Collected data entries
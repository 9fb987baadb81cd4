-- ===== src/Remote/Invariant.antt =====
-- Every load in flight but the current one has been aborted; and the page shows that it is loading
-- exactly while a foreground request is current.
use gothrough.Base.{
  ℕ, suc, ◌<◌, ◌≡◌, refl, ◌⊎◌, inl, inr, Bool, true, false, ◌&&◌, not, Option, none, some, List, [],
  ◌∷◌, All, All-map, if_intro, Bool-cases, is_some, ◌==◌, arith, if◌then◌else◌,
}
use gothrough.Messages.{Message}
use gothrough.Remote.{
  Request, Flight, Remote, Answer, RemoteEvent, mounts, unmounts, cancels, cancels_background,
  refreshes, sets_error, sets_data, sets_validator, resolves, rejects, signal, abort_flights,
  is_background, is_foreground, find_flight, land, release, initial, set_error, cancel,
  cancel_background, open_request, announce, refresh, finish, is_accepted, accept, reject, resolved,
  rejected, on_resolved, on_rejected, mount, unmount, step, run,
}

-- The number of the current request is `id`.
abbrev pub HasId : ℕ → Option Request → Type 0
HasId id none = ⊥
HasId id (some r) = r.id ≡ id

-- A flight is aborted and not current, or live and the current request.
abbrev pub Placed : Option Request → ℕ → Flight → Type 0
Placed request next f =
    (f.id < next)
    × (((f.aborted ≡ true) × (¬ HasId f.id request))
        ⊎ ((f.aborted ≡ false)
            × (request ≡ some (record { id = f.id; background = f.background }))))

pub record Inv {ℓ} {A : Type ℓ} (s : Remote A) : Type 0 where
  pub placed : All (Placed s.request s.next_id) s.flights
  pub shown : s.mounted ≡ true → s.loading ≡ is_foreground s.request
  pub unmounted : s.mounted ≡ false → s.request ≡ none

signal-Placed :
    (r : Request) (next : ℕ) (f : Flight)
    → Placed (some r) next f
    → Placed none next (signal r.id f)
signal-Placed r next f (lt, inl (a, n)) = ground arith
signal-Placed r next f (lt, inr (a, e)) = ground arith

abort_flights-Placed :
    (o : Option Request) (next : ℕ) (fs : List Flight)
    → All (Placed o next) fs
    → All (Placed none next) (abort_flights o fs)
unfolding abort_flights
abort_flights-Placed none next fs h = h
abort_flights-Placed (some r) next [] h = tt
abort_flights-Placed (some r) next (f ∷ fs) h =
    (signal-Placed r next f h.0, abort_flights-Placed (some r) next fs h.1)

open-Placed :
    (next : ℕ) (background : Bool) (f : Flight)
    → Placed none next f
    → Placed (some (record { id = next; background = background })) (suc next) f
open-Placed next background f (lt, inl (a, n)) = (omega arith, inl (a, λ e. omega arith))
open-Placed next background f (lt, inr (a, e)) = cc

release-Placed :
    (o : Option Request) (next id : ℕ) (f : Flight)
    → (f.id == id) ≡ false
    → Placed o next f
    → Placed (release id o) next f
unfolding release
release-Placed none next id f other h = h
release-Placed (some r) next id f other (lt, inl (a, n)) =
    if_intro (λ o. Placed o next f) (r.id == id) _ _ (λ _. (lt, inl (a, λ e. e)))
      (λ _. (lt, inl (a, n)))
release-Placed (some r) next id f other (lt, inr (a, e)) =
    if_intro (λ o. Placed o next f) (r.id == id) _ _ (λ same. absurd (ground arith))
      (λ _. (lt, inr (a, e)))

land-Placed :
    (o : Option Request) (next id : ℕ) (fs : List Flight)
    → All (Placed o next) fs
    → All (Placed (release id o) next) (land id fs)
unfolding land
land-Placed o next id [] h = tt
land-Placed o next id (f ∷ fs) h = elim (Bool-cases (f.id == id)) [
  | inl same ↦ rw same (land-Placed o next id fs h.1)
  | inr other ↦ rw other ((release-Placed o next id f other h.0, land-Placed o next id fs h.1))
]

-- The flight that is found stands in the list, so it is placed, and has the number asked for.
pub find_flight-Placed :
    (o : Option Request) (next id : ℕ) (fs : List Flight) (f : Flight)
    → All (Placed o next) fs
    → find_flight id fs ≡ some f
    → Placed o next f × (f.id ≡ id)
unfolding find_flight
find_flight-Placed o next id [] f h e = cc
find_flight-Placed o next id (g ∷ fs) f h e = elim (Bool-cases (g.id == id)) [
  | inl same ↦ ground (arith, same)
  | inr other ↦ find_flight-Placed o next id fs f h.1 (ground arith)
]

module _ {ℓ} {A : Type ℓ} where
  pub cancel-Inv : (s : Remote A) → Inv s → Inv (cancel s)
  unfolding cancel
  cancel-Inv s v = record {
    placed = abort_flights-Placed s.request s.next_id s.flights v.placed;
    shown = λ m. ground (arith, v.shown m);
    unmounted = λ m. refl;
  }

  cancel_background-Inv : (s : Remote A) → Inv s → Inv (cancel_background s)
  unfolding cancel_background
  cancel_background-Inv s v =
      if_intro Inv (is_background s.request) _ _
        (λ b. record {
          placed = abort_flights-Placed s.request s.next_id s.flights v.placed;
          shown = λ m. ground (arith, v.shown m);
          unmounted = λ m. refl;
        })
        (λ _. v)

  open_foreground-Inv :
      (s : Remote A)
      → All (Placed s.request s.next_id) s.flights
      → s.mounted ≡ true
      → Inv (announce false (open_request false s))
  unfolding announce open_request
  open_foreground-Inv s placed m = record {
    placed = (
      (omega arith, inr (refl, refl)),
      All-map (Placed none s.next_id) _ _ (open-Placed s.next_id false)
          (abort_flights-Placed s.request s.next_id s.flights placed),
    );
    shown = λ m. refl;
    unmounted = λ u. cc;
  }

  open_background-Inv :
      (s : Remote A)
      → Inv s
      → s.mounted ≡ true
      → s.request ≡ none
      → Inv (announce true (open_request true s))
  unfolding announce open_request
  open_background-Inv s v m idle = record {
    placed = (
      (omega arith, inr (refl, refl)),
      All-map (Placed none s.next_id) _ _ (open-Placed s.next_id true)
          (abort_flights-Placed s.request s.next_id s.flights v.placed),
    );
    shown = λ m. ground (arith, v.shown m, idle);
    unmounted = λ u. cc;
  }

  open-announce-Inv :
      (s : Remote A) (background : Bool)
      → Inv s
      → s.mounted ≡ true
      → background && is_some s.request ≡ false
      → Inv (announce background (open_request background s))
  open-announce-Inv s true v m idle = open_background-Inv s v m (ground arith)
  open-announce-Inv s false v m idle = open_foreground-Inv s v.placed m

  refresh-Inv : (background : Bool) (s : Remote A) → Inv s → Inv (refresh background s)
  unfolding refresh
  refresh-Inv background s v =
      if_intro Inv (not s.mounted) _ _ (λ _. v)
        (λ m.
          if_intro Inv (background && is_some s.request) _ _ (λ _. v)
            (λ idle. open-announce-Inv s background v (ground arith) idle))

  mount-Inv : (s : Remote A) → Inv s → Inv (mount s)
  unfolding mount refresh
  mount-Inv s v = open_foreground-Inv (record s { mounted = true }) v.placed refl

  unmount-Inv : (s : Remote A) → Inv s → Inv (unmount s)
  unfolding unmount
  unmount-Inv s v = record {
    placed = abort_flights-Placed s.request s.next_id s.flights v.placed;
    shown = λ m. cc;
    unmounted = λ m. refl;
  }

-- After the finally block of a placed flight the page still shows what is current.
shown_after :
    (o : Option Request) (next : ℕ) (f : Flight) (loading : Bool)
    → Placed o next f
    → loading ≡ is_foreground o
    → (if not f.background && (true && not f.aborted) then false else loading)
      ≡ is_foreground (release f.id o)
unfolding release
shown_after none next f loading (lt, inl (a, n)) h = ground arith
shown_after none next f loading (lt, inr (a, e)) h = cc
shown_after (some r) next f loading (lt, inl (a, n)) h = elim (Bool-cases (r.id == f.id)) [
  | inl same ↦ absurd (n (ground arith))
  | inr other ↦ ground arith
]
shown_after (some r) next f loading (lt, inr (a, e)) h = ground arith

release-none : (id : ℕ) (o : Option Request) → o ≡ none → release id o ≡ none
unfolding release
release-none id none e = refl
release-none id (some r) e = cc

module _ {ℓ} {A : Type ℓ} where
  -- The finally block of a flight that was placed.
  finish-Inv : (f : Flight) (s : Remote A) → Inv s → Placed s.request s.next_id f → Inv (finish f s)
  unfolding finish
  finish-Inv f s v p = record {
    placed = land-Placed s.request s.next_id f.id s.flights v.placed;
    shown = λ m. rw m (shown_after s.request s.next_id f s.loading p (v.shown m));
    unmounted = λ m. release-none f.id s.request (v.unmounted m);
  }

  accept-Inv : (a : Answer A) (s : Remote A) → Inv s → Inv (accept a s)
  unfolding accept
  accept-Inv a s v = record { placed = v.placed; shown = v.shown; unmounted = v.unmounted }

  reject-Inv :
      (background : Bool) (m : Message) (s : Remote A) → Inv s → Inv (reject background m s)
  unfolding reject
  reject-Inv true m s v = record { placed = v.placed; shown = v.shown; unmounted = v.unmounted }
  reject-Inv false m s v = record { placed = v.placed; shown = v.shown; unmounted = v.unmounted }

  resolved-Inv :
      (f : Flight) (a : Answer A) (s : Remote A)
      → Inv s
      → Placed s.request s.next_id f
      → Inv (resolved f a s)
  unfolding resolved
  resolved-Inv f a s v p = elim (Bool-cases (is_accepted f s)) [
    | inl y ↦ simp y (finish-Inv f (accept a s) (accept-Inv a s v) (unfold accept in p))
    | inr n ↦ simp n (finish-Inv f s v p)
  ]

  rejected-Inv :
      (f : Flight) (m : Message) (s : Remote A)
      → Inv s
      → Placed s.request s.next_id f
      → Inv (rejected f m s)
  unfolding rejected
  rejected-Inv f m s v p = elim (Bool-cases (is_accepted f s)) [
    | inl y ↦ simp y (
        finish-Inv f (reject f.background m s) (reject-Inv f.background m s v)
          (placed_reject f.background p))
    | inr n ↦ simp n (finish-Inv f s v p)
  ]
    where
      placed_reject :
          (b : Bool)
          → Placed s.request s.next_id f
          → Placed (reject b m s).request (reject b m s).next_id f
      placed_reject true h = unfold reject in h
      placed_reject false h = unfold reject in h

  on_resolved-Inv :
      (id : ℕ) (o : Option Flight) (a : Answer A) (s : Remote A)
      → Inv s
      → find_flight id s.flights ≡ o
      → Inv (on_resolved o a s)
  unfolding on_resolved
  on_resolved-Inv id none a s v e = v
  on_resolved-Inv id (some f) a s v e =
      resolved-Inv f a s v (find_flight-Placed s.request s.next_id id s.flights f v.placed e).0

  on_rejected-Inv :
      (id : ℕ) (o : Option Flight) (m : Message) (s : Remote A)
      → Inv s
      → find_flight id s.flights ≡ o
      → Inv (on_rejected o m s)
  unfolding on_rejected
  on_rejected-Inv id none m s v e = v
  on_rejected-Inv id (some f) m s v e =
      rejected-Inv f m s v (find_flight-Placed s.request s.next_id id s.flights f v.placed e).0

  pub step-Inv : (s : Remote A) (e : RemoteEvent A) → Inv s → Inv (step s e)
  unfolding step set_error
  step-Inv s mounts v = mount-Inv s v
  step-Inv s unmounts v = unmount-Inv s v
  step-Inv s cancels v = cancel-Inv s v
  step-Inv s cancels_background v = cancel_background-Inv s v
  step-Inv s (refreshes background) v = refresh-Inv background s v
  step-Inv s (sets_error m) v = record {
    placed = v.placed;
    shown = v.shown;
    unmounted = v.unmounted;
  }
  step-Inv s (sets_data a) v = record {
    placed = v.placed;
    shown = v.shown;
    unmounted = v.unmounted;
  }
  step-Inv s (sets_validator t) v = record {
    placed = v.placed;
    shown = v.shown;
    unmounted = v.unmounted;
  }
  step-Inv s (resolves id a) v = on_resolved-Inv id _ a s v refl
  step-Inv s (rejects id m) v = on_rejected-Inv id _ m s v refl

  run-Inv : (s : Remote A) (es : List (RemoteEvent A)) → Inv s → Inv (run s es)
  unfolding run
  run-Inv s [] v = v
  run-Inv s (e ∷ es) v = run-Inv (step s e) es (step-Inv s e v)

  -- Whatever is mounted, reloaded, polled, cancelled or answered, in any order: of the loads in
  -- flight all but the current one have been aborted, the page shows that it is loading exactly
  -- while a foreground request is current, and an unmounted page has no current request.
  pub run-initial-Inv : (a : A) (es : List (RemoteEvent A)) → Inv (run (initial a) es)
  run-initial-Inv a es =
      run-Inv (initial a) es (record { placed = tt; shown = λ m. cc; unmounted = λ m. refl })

# Exercise directions
Would you copy, unchanged, the stretch of the records above that begins at the line containing "m s).next_id f" and ends at the line containing "step-Inv s cancels_background", and only that?

# Solution to this task
          → Placed (reject b m s).request (reject b m s).next_id f
      placed_reject true h = unfold reject in h
      placed_reject false h = unfold reject in h

  on_resolved-Inv :
      (id : ℕ) (o : Option Flight) (a : Answer A) (s : Remote A)
      → Inv s
      → find_flight id s.flights ≡ o
      → Inv (on_resolved o a s)
  unfolding on_resolved
  on_resolved-Inv id none a s v e = v
  on_resolved-Inv id (some f) a s v e =
      resolved-Inv f a s v (find_flight-Placed s.request s.next_id id s.flights f v.placed e).0

  on_rejected-Inv :
      (id : ℕ) (o : Option Flight) (m : Message) (s : Remote A)
      → Inv s
      → find_flight id s.flights ≡ o
      → Inv (on_rejected o m s)
  unfolding on_rejected
  on_rejected-Inv id none m s v e = v
  on_rejected-Inv id (some f) m s v e =
      rejected-Inv f m s v (find_flight-Placed s.request s.next_id id s.flights f v.placed e).0

  pub step-Inv : (s : Remote A) (e : RemoteEvent A) → Inv s → Inv (step s e)
  unfolding step set_error
  step-Inv s mounts v = mount-Inv s v
  step-Inv s unmounts v = unmount-Inv s v
  step-Inv s cancels v = cancel-Inv s v
  step-Inv s cancels_background v = cancel_background-Inv s v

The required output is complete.